[Source: US National Library of Medicine, full page: (LINK). Abstract, edited.]
Viruses. 2020 Jan 3;12(1). pii: E64. doi: 10.3390/v12010064.
A Chimeric Sudan Virus-Like Particle Vaccine Candidate Produced by a Recombinant Baculovirus System Induces Specific Immune Responses in Mice and Horses.
Wu F1, Zhang S1,2, Zhang Y1,2, Mo R1,3, Yan F1,4,5, Wang H1,6, Wong G7,8, Chi H1,4,5, Wang T1,4,5, Feng N1,4,5, Gao Y1,4,5, Xia X1,4,5, Zhao Y1,4,5, Yang S1,4,5.
Author information: 1 Institute of Military Veterinary Medicine, Academy of Military Medical Sciences, Changchun 130122, China. 2 College of Wildlife Resources, Northeast Forestry University, Harbin 150040, China. 3 Animal Science and Technology College, Jilin Agricultural University, Changchun 130118, China. 4 Key Laboratory of Jilin Province for Zoonosis Prevention and Control, Changchun 130000, China. 5 Jiangsu Co-innovation Center for Prevention and Control of Important Animal Infectious Disease and Zoonoses, Yangzhou 225009, China. 6 College of Veterinary Medicine, Jilin University, Changchun 130062, China. 7 Institute Pasteur of Shanghai, Chinese Academy of Science, Shanghai 20031, China. 8 Special Pathogens Program, Public Health Agency of Canada, Winnipeg, MB R3E3R2, Canada.
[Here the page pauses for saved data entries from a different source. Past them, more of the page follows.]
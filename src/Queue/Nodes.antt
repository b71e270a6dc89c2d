-- ===== src/Queue/Nodes.antt =====
-- Queue.h and PriorityQueue.h: doubly linked nodes, and a chain of them between two pointers.
use openbookfs.Prelude.{ℕ, zero, suc, ◌==◌, if◌then◌else◌, Bool, false, Option, none, some}

pub record Node (T : Type 0) : Type 0 where
  pub datum : T
  pub next : Option ℕ
  pub prev : Option ℕ

-- the nodes of a block
abbrev pub Heap : Type 0 → Type 0
Heap T = ℕ → Node T

-- the first and the last node of a chain
pub record Ends : Type 0 where
  pub first : Option ℕ
  pub last : Option ℕ

abbrev pub no_nodes : Ends
no_nodes = record { first = none; last = none }

-- pointers compared
abbrev pub same_node : ℕ → Option ℕ → Bool
same_node n none = false
same_node n (some m) = n == m

module _ {T : Type 0} where
  unfoldable pub write : Heap T → ℕ → Node T → Heap T
  write h n v i = if n == i then v else h i

  abbrev pub with_next : Option ℕ → Node T → Node T
  with_next p v = record { datum = v.datum; next = p; prev = v.prev }

  abbrev pub with_prev : Option ℕ → Node T → Node T
  with_prev p v = record { datum = v.datum; next = v.next; prev = p }

  -- `if(p) p->next = v` and `if(p) p->prev = v`
  abbrev pub set_next : Option ℕ → Option ℕ → Heap T → Heap T
  set_next none v h = h
  set_next (some p) v h = write h p (with_next v (h p))

  abbrev pub set_prev : Option ℕ → Option ℕ → Heap T → Heap T
  set_prev none v h = h
  set_prev (some p) v h = write h p (with_prev v (h p))

  -- Node::insertAfter
  unfoldable pub insert_after : ℕ → ℕ → Heap T → Heap T
  insert_after n parent h =
      let next = (h parent).next in
      let own = write h n (record { datum = (h n).datum; next = next; prev = some parent }) in
      set_prev next (some n) (set_next (some parent) (some n) own)

  -- Node::insertBefore
  unfoldable pub insert_before : ℕ → ℕ → Heap T → Heap T
  insert_before n child h =
      let prev = (h child).prev in
      let own = write h n (record { datum = (h n).datum; next = some child; prev = prev }) in
      set_prev (some child) (some n) (set_next prev (some n) own)

  -- Node::extract, and Node::remove of PriorityQueue.h
  unfoldable pub unlink : ℕ → Heap T → Heap T
  unlink n h =
      let before = (h n).prev in
      let after = (h n).next in
      let linked = set_prev after before (set_next before after h) in
      write linked n (record { datum = (linked n).datum; next = none; prev = none })

  -- push_back of PriorityQueue.h; free and the end of insert of Queue.h do the same.
  unfoldable pub push_back : ℕ → Ends → Heap T → Ends × Heap T
  push_back n e h = elim e.last [
    | none ↦ (record { first = some n; last = some n }, h)
    | some l ↦ (record { first = e.first; last = some n }, insert_after n l h)
  ]

  -- pop_front of PriorityQueue.h, alloc and the middle of extract of Queue.h: nothing when the chain
  -- has no node.
  unfoldable pub pop_front : Ends → Heap T → Option (ℕ × Ends × Heap T)
  pop_front e h = elim e.first [
    | none ↦ none
    | some n ↦ some (
      n,
      record { first = (h n).next; last = if same_node n e.last then none else e.last },
      unlink n h,
    )
  ]

  -- push_front of PriorityQueue.h, which nothing calls
  unfoldable pub push_front : ℕ → Ends → Heap T → Ends × Heap T
  push_front n e h = elim e.first [
    | none ↦ (record { first = some n; last = some n }, h)
    | some f ↦ (record { first = some n; last = e.last }, insert_before n f h)
  ]

  -- pop_back of PriorityQueue.h
  unfoldable pub pop_back : Ends → Heap T → Option (ℕ × Ends × Heap T)
  pop_back e h = elim e.last [
    | none ↦ none
    | some n ↦ some (
      n,
      record { first = if same_node n e.first then none else e.first; last = (h n).prev },
      unlink n h,
    )
  ]

  -- The loop of the constructor of PriorityQueue.h for one priority: nodes 0 to n - 1 are put in a chain.
  unfoldable pub fill : ℕ → Ends × Heap T → Ends × Heap T
  fill zero s = s
  fill (suc n) s = let before = fill n s in push_back n before.0 before.1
Ebola virus infections lead to severe hemorrhagic fevers in humans and nonhuman primates; and human fatality rates are as high as 67%-90%. Since the Ebola virus was discovered in 1976, the only available treatments have been medical support or the emergency administration of experimental drugs. The absence of licensed vaccines and drugs against the Ebola virus impedes the prevention of viral infection. In this study, we generated recombinant baculoviruses (rBV) expressing the Sudan virus (SUDV) matrix structural protein (VP40) (rBV-VP40-VP40) or the SUDV glycoprotein (GP) (rBV-GP-GP), and SUDV virus-like particles (VLPs) were produced by co-infection of Sf9 cells with rBV-SUDV-VP40 and rBV-SUDV-GP. The expression of SUDV VP40 and GP in SUDV VLPs was demonstrated by IFA and Western blot analysis. Electron microscopy results demonstrated that SUDV VLPs had a filamentous morphology. The immunogenicity of SUDV VLPs produced in insect cells was evaluated by the immunization of mice. The analysis of antibody responses showed that mice vaccinated with SUDV VLPs and the adjuvant Montanide ISA 201 produced SUDV GP-specific IgG antibodies. Sera from SUDV VLP-immunized mice were able to block infection by SUDV GP pseudotyped HIV, indicating that a neutralizing antibody against the SUDV GP protein was produced. Furthermore, the activation of B cells in the group immunized with VLPs mixed with Montanide ISA 201 was significant one week after the primary immunization. Vaccination with the SUDV VLPs markedly increased the frequency of antigen-specific cells secreting type 1 and type 2 cytokines. To study the therapeutic effects of SUDV antibodies, horses were immunized with SUDV VLPs emulsified in Freund’s complete adjuvant or Freund’s incomplete adjuvant. The results showed that horses could produce SUDV GP-specific antibodies and neutralizing antibodies. These results showed that SUDV VLPs demonstrate excellent immunogenicity and represent a promising approach for vaccine development against SUDV infection. Further, these horse anti-SUDV purified immunoglobulins lay a foundation for SUDV therapeutic drug research.
KEYWORDS: Sudan virus; horse; mice; purified IgG; vaccine; virus-like particle
PMID: 31947873 DOI: 10.3390/v12010064
Keywords: Ebolavirus; Sudan virus; Vaccines; Animal models.